Ho vinto la serata delle cover con il rap, e questo mi sembra già un bel risultato. Sono secondo con un brano in dialetto e non era mai successo prima. Ho vinto, insomma. E il cammino compiuto qui mi è piaciuto assaje. Mi porto a Napoli dei bei ricordi di Sanremo, avevo una voglia matta di tornare, di sentirmi a casa».

«Erba di casa mia», avrebbe detto l’ultimo napoletano vincitore del Festival, Massimo Ranieri: era il 1988 di «Perdere l’amore» e anche allora il Napoli aveva lo scudetto cucito in petto. Speravamo fosse un segnale propiziatorio...
«Eh, ma Ranieri è un mito. Io resto il muccusiello che sapete, appena un po’ cresciuto da quest’esperienza».

Oltre che nel televoto, sei primo in hit parade, negli streaming, su TikTok.
«Il supporto del pubblico è una cosa che gratifica, sempre, ma il Festival è una gara con le sue regole, tutto il resto non conta».

Insomma niente da recriminare, nemmeno contro chi ha seminato razzismo anti-partenopeo sui social?
«Ma gli anni Cinquanta sono lontani, credo che la vera discriminazione sia finita. E, poi, hanno vinto due ragazzi del Sud, due ragazzi del Duemila, quasi coetanei: è un juorno buono direbbe Rocco Hunt. Angelina ha un anno meno di me ed è fantastica, anche mia mamma è pazza di lei».
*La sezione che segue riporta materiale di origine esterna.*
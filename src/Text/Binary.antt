-- ===== src/Text/Binary.antt =====
-- raw_bytes_to_binary and binary_to_raw_bytes of server/utils.c: bytes of the network as MOO
-- strings, with `~xx` for a byte that does not print. The static streams are emptied by each call
-- before they are used again, so a call is a function of its arguments.
use waverous.Base.{
  ℕ, ◌+◌, ◌-◌, ◌*◌, ◌/◌, ◌%◌, Bool, ◌&&◌, ◌||◌, not, Option, none, some, List, [], ◌∷◌, leb, ◌==◌,
  if◌then◌else◌,
}
use waverous.Text.{CStr}

-- `isgraph` of the C locale, or a space.
unfoldable pub prints : ℕ → Bool
prints c = (leb 33 c && leb c 126) || c == 32

-- A digit as the `%x` of `stream_printf` prints it, through `itoa`: in upper case.
unfoldable pub hex_digit : ℕ → ℕ
hex_digit d = if leb d 9 then d + 48 else d + 55

unfoldable pub raw_bytes_to_binary : List ℕ → CStr
raw_bytes_to_binary [] = []
raw_bytes_to_binary (c ∷ buffer) =
    let rest = raw_bytes_to_binary buffer in
    if not (c == 126) && prints c
    then c ∷ rest
    else 126 ∷ hex_digit (c / 16) ∷ hex_digit (c % 16) ∷ rest

unfoldable pub toupper : ℕ → ℕ
toupper c = if leb 97 c && leb c 122 then c - 32 else c

-- `cc * 16 + ...`, kept in a `char`; `none` is the early `return 0`.
unfoldable pub hex_value : ℕ → ℕ → Option ℕ
unfolding toupper
hex_value cc c =
    let u = toupper c in
    if (leb 48 u && leb u 57) || (leb 65 u && leb u 70)
    then some ((cc * 16 + (if leb u 57 then u - 48 else u - 65 + 10)) % 256)
    else none

unfoldable pub binary_to_raw_bytes : CStr → Option (List ℕ)
binary_to_raw_bytes [] = some []
binary_to_raw_bytes (c ∷ []) = if c == 126 then none else some (c ∷ [])
binary_to_raw_bytes (c ∷ d ∷ []) =
    let rest = binary_to_raw_bytes (d ∷ []) in
    if c == 126 then none else elim rest [ none ↦ none | some bytes ↦ some (c ∷ bytes) ]
binary_to_raw_bytes (c ∷ d ∷ e ∷ s) =
    let plain = binary_to_raw_bytes (d ∷ e ∷ s) in
    let coded = binary_to_raw_bytes s in
    if c == 126
    then elim (hex_value 0 d) [
      | none ↦ none
      | some high ↦ elim (hex_value high e) [
        | none ↦ none
        | some byte ↦ elim coded [ none ↦ none | some bytes ↦ some (byte ∷ bytes) ]
      ]
    ]
    else elim plain [ none ↦ none | some bytes ↦ some (c ∷ bytes) ]
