-- ===== src/Text/BinaryLaws.antt =====
-- The two conversions of server/utils.c between raw bytes and binary strings.
use waverous.Base.{
  ℕ, ◌+◌, ◌*◌, ◌/◌, ◌%◌, ◌≤◌, ◌<◌, ◌≡◌, refl, ap, inl, inr, true, false, ◌&&◌, not, some, List, [],
  ◌∷◌, arith, ◌==◌, All, Bool-cases,
}
use waverous.Text.{CStr}
use waverous.Text.Binary.{prints, hex_digit, raw_bytes_to_binary, hex_value, binary_to_raw_bytes}

hex_value-hex_digit : (cc d : ℕ) → d < 16 → hex_value cc (hex_digit d) ≡ some ((cc * 16 + d) % 256)
unfolding hex_value hex_digit
hex_value-hex_digit cc d h = ground arith

hex_digit_range : (d : ℕ) → d < 16 → (32 ≤ hex_digit d) × (hex_digit d ≤ 126)
unfolding hex_digit
hex_digit_range d h = ground arith

printable : (c : ℕ) → (not (c == 126) && prints c) ≡ true → (32 ≤ c) × (c ≤ 126)
unfolding prints
printable c h = ground arith

decode-plain :
    (c : ℕ) (s : CStr) (bytes : List ℕ)
    → (c == 126) ≡ false
    → binary_to_raw_bytes s ≡ some bytes
    → binary_to_raw_bytes (c ∷ s) ≡ some (c ∷ bytes)
unfolding binary_to_raw_bytes
decode-plain c [] bytes h e = ground arith
decode-plain c (d ∷ []) bytes h e = rw (h, e)
decode-plain c (d ∷ d' ∷ s) bytes h e = rw (h, e)

decode-coded :
    (c : ℕ) (s : CStr) (bytes : List ℕ)
    → c < 256
    → binary_to_raw_bytes s ≡ some bytes
    → binary_to_raw_bytes (126 ∷ hex_digit (c / 16) ∷ hex_digit (c % 16) ∷ s) ≡ some (c ∷ bytes)
unfolding binary_to_raw_bytes
decode-coded c s bytes h e =
    rw
      (
        hex_value-hex_digit 0 (c / 16) (omega arith),
        hex_value-hex_digit ((0 * 16 + c / 16) % 256) (c % 16) (omega arith),
        e,
      )
      (ap (λ n. some (n ∷ bytes)) (omega arith))

-- What `raw_bytes_to_binary` writes, `binary_to_raw_bytes` reads back, for every sequence of bytes.
pub binary_to_raw_bytes-raw_bytes_to_binary :
    (bytes : List ℕ)
    → All (λ c. c < 256) bytes
    → binary_to_raw_bytes (raw_bytes_to_binary bytes) ≡ some bytes
unfolding raw_bytes_to_binary
binary_to_raw_bytes-raw_bytes_to_binary [] h = unfold binary_to_raw_bytes in refl
binary_to_raw_bytes-raw_bytes_to_binary (c ∷ bytes) h =
    let ih = binary_to_raw_bytes-raw_bytes_to_binary bytes h.1 in
    elim (Bool-cases (not (c == 126) && prints c)) [
      | inl p ↦ rw p (decode-plain c (raw_bytes_to_binary bytes) bytes (ground arith) ih)
      | inr q ↦ rw q (decode-coded c (raw_bytes_to_binary bytes) bytes h.0 ih)
    ]

-- The printed form is ASCII text that prints, with no byte below the space or above `~`.
pub raw_bytes_to_binary-printable :
    (bytes : List ℕ)
    → All (λ c. c < 256) bytes
    → All (λ c. (32 ≤ c) × (c ≤ 126)) (raw_bytes_to_binary bytes)
unfolding raw_bytes_to_binary
raw_bytes_to_binary-printable [] h = tt
raw_bytes_to_binary-printable (c ∷ bytes) h =
    let ih = raw_bytes_to_binary-printable bytes h.1 in
    elim (Bool-cases (not (c == 126) && prints c)) [
      | inl p ↦ rw p (printable c p, ih)
      | inr q ↦ rw q (
        (omega arith),
        (hex_digit_range (c / 16) (omega arith), (hex_digit_range (c % 16) (omega arith), ih)),
      )
    ]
Al rione Gescal ti hanno accolto con i fuochi d’artificio, a Scampia oggi hanno diffuso nella metropolitana le note di «I’ p’me, tu p’te». Il sindaco Gaetano Manfredi ti attende, forse già oggi, a Palazzo San Giacomo: «Bravissimo! Soddisfazione immensa per Napoli, grande città della musica, orgogliosa dei suoi talenti. Emanuele, ti aspetto al Comune per festeggiare!», il suo messaggio.
«E vuoi dire che non ho vinto? Dal sindaco della metropoli più grande del Mezzogiorno ai ragazzi del mio quartiere: sembra una festa per lo scudetto».
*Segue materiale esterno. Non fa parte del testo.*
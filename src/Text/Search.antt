-- ===== src/Text/Search.antt =====
-- strsub, strindex and strrindex of server/utils.c.
use waverous.Base.{
  ℕ, zero, suc, ◌+◌, ◌-◌, Bool, Option, none, some, pos, [], ◌∷◌, ◌++◌, eqz, if◌then◌else◌, length,
  drop,
}
use waverous.Text.{CStr, mystrncasecmp, strneq}

-- `!(case_counts ? strncmp(s, what, lwhat) : mystrncasecmp(s, what, lwhat))`
unfoldable pub same_here : Bool → CStr → CStr → Bool
same_here exact s what =
    if exact then strneq s what (length what) else eqz (mystrncasecmp s what (length what)) (pos 0)

-- The loop of `strsub`, on fuel; `none` means that the fuel ran out.
unfoldable pub sub_loop : ℕ → CStr → CStr → CStr → Bool → Option CStr
sub_loop fuel [] what with exact = some []
sub_loop zero (c ∷ source) what with exact = none
sub_loop (suc fuel) (c ∷ source) what with exact =
    let hit = sub_loop fuel (drop (length what) (c ∷ source)) what with exact in
    let miss = sub_loop fuel source what with exact in
    if same_here exact (c ∷ source) what
    then elim hit [ none ↦ none | some out ↦ some (with ++ out) ]
    else elim miss [ none ↦ none | some out ↦ some (c ∷ out) ]

-- The loop of `strindex` from the `at`-th position on, for `n` positions.
unfoldable pub index_loop : ℕ → ℕ → CStr → CStr → Bool → ℕ
index_loop zero at s what exact = 0
index_loop (suc n) at s what exact =
    let rest = index_loop n (at + 1) (drop 1 s) what exact in
    if same_here exact s what then at + 1 else rest

-- `s` runs up to `e = source + strlen(source) - lwhat`, which may lie before `source`.
unfoldable pub strindex : CStr → CStr → Bool → ℕ
strindex source what exact = index_loop (length source + 1 - length what) 0 source what exact

-- The loop of `strrindex`: `n` positions are left, the last of them first.
unfoldable pub rindex_loop : ℕ → CStr → CStr → Bool → ℕ
rindex_loop zero source what exact = 0
rindex_loop (suc n) source what exact =
    let rest = rindex_loop n source what exact in
    if same_here exact (drop n source) what then n + 1 else rest

unfoldable pub strrindex : CStr → CStr → Bool → ℕ
strrindex source what exact = rindex_loop (length source + 1 - length what) source what exact

unfoldable pub strsub : CStr → CStr → CStr → Bool → Option CStr
strsub source what with exact = sub_loop (length source) source what with exact
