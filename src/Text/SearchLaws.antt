-- ===== src/Text/SearchLaws.antt =====
-- What strindex, strrindex and strsub of server/utils.c find.
use waverous.Base.{
  eqz, ℕ, zero, suc, ◌+◌, ◌-◌, ◌≤◌, ◌<◌, ◌≡◌, ◌⊎◌, refl, inl, inr, Bool, true, false, none, some,
  [], ◌∷◌, ◌++◌, arith, length, length-drop, drop, Bool-cases,
}
use native.Mathlib.Decide.{dec_lt}
use waverous.Text.{CStr, mystrncasecmp, strneq}
use waverous.Text.Search.{same_here, sub_loop, strsub, index_loop, strindex, rindex_loop, strrindex}

-- Of the positions below `n`, either none fits and the result is 0, or the result is one more than
-- the first position that fits, counted from `base`.
abbrev pub FirstHit : ℕ → ℕ → CStr → CStr → Bool → ℕ → Type 0
FirstHit base n s what exact r =
    ((r ≡ 0) × ((i : ℕ) → i < n → same_here exact (drop i s) what ≡ false))
    ⊎ ((k : ℕ) × (k < n)
        × (r ≡ base + k + 1)
        × (same_here exact (drop k s) what ≡ true)
        × ((i : ℕ) → i < k → same_here exact (drop i s) what ≡ false))

abbrev pub LastHit : ℕ → CStr → CStr → Bool → ℕ → Type 0
LastHit n s what exact r =
    ((r ≡ 0) × ((i : ℕ) → i < n → same_here exact (drop i s) what ≡ false))
    ⊎ ((k : ℕ) × (k < n)
        × (r ≡ k + 1)
        × (same_here exact (drop k s) what ≡ true)
        × ((i : ℕ) → k < i → i < n → same_here exact (drop i s) what ≡ false))

drop-one : (i : ℕ) (s : CStr) → drop i (drop 1 s) ≡ drop (suc i) s
drop-one zero s = refl
drop-one (suc i) [] = refl
drop-one (suc i) (c ∷ s) = refl

module _ (what : CStr) (exact : Bool) where
  -- What holds at the first position and at all later ones holds at all.
  misses-suc :
      (s : CStr) (k : ℕ)
      → same_here exact s what ≡ false
      → ((i : ℕ) → i < k → same_here exact (drop i (drop 1 s)) what ≡ false)
      → (i : ℕ) → i < suc k
      → same_here exact (drop i s) what ≡ false
  misses-suc s k h later zero lt = h
  misses-suc s k h later (suc i) lt = rw (← drop-one i s) (later i (omega arith))

  index_loop-FirstHit :
      (n base : ℕ) (s : CStr) → FirstHit base n s what exact (index_loop n base s what exact)
  unfolding index_loop
  index_loop-FirstHit zero base s = inl (refl, λ i h. elim h [ ])
  index_loop-FirstHit (suc n) base s = elim (Bool-cases (same_here exact s what)) [
    | inl hit ↦ inr (0, omega arith, rw hit (omega arith), hit, λ i h. elim h [ ])
    | inr miss ↦ rw miss (elim (index_loop-FirstHit n (base + 1) (drop 1 s)) [
      | inl (z, none_fits) ↦ inl (z, misses-suc s n miss none_fits)
      | inr (k, lt, e, fits, before) ↦
          inr
            (suc k, omega arith, omega arith, rw (← drop-one k s) fits, misses-suc s k miss before)
    ])
  ]

  rindex_loop-LastHit : (n : ℕ) (s : CStr) → LastHit n s what exact (rindex_loop n s what exact)
  unfolding rindex_loop
  rindex_loop-LastHit zero s = inl (refl, λ i h. elim h [ ])
  rindex_loop-LastHit (suc n) s = elim (Bool-cases (same_here exact (drop n s) what)) [
    | inl hit ↦ inr (n, omega arith, rw hit refl, hit, λ i h h'. absurd (omega arith))
    | inr miss ↦ rw miss (elim (rindex_loop-LastHit n s) [
      | inl (z, none_fits) ↦ inl (z, λ i h. at_most i n miss (none_fits i) h)
      | inr (k, lt, e, fits, after) ↦
          inr (k, omega arith, e, fits, λ i h h'. at_most i n miss (after i h) h')
    ])
  ]
    where
      at_most :
          (i m : ℕ)
          → same_here exact (drop m s) what ≡ false
          → (i < m → same_here exact (drop i s) what ≡ false)
          → i < suc m
          → same_here exact (drop i s) what ≡ false
      at_most i m miss below h = elim (dec_lt i m) [
        | yes lt ↦ below lt
        | no ge ↦ let e : i ≡ m = omega arith in rw e miss
      ]

  -- `strindex` returns the first place where the pattern fits, counted from 1, or 0 if it fits at none
  -- of the places where it may start.
  pub strindex-FirstHit :
      (source : CStr)
      → FirstHit 0 (length source + 1 - length what) source what exact (strindex source what exact)
  unfolding strindex
  strindex-FirstHit source = index_loop-FirstHit (length source + 1 - length what) 0 source

  -- `strrindex` returns the last place where the pattern fits, counted from 1, or 0 if it fits at none
  -- of the places where it may start.
  pub strrindex-LastHit :
      (source : CStr)
      → LastHit (length source + 1 - length what) source what exact (strrindex source what exact)
  unfolding strrindex
  strrindex-LastHit source = rindex_loop-LastHit (length source + 1 - length what) source

  sub_loop-total :
      (with : CStr) (fuel : ℕ) (source : CStr)
      → 1 ≤ length what
      → length source ≤ fuel
      → (out : CStr) × (sub_loop fuel source what with exact ≡ some out)
  unfolding sub_loop
  sub_loop-total with fuel [] h k = ([], refl)
  sub_loop-total with zero (c ∷ source) h k = absurd (omega arith)
  sub_loop-total with (suc fuel) (c ∷ source) h k =
      let shorter : length (drop (length what) (c ∷ source)) ≤ fuel =
        omega (arith, length-drop {0} (length what) (c ∷ source)) in
      let (hit, p) = sub_loop-total with fuel (drop (length what) (c ∷ source)) h shorter in
      let (miss, q) = sub_loop-total with fuel source h (omega arith) in
      elim (Bool-cases (same_here exact (c ∷ source) what)) [
        | inl t ↦ (with ++ hit, rw (t, p))
        | inr f ↦ (c ∷ miss, rw (f, q))
      ]

  -- With a nonempty pattern `strsub` ends, after as many rounds as the source has bytes at most.
  pub strsub_total :
      (with source : CStr)
      → 1 ≤ length what
      → (out : CStr) × (strsub source what with exact ≡ some out)
  unfolding strsub
  strsub_total with source h = sub_loop-total with (length source) source h (omega arith)

-- With an empty pattern the loop of `strsub` never ends on a nonempty source: no number of rounds is enough.
pub sub_loop-empty :
    (fuel c : ℕ) (source with : CStr) (exact : Bool)
    → sub_loop fuel (c ∷ source) [] with exact ≡ none
unfolding sub_loop same_here strneq mystrncasecmp eqz
sub_loop-empty zero c source with exact = refl
sub_loop-empty (suc fuel) c source with true = rw (sub_loop-empty fuel c source with true)
sub_loop-empty (suc fuel) c source with false = rw (sub_loop-empty fuel c source with false)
Venerdì notte, quando hai sbancato la manche delle cover e hai ricantato il tuo medley hip hop con Guè, Luche’ e Gigi D’Alessio eri, però, evidentemente contrariato.
«È strano: tu vinci e perdi nello stesso momento, quei fischi, con la gente che andava via, esprimevano un parere leggittimo, ma facevano male, non ci mettevano nella condizione di fare una bella performance. Però anche questo è alle spalle e davanti a me ci sono i tre concerti di giugno allo stadio Maradona: sarà un festival anche quello, anzi una festa. E nessuno si preoccuperà se cantiamo in napoletano o come lo scriviamo. Quella del dialetto è la corona più bella che posso mettermi in testa: io rappo nella lingua della mia terra, una lingua che ha fatto la storia della canzone, anzi: storicamente è la lingua della canzone. Però a Sanremo non le davano più il passaporto: Amadeus ha spiegato di aver cambiato il regolamento per me, per avermi. Spero che ora le porte restino aperte per tutti i grandi della musica partenopea».

Sanremo ti ha cambiato?
«No resto un ragazzo normalissimo. A 7-8 anni, già lavoravo a cottimo a casa, montando viti e bulloni. La “fatica” mi ha insegnato quali sono le cose importanti della vita. Qui abbiamo pariato. E spero anche voi».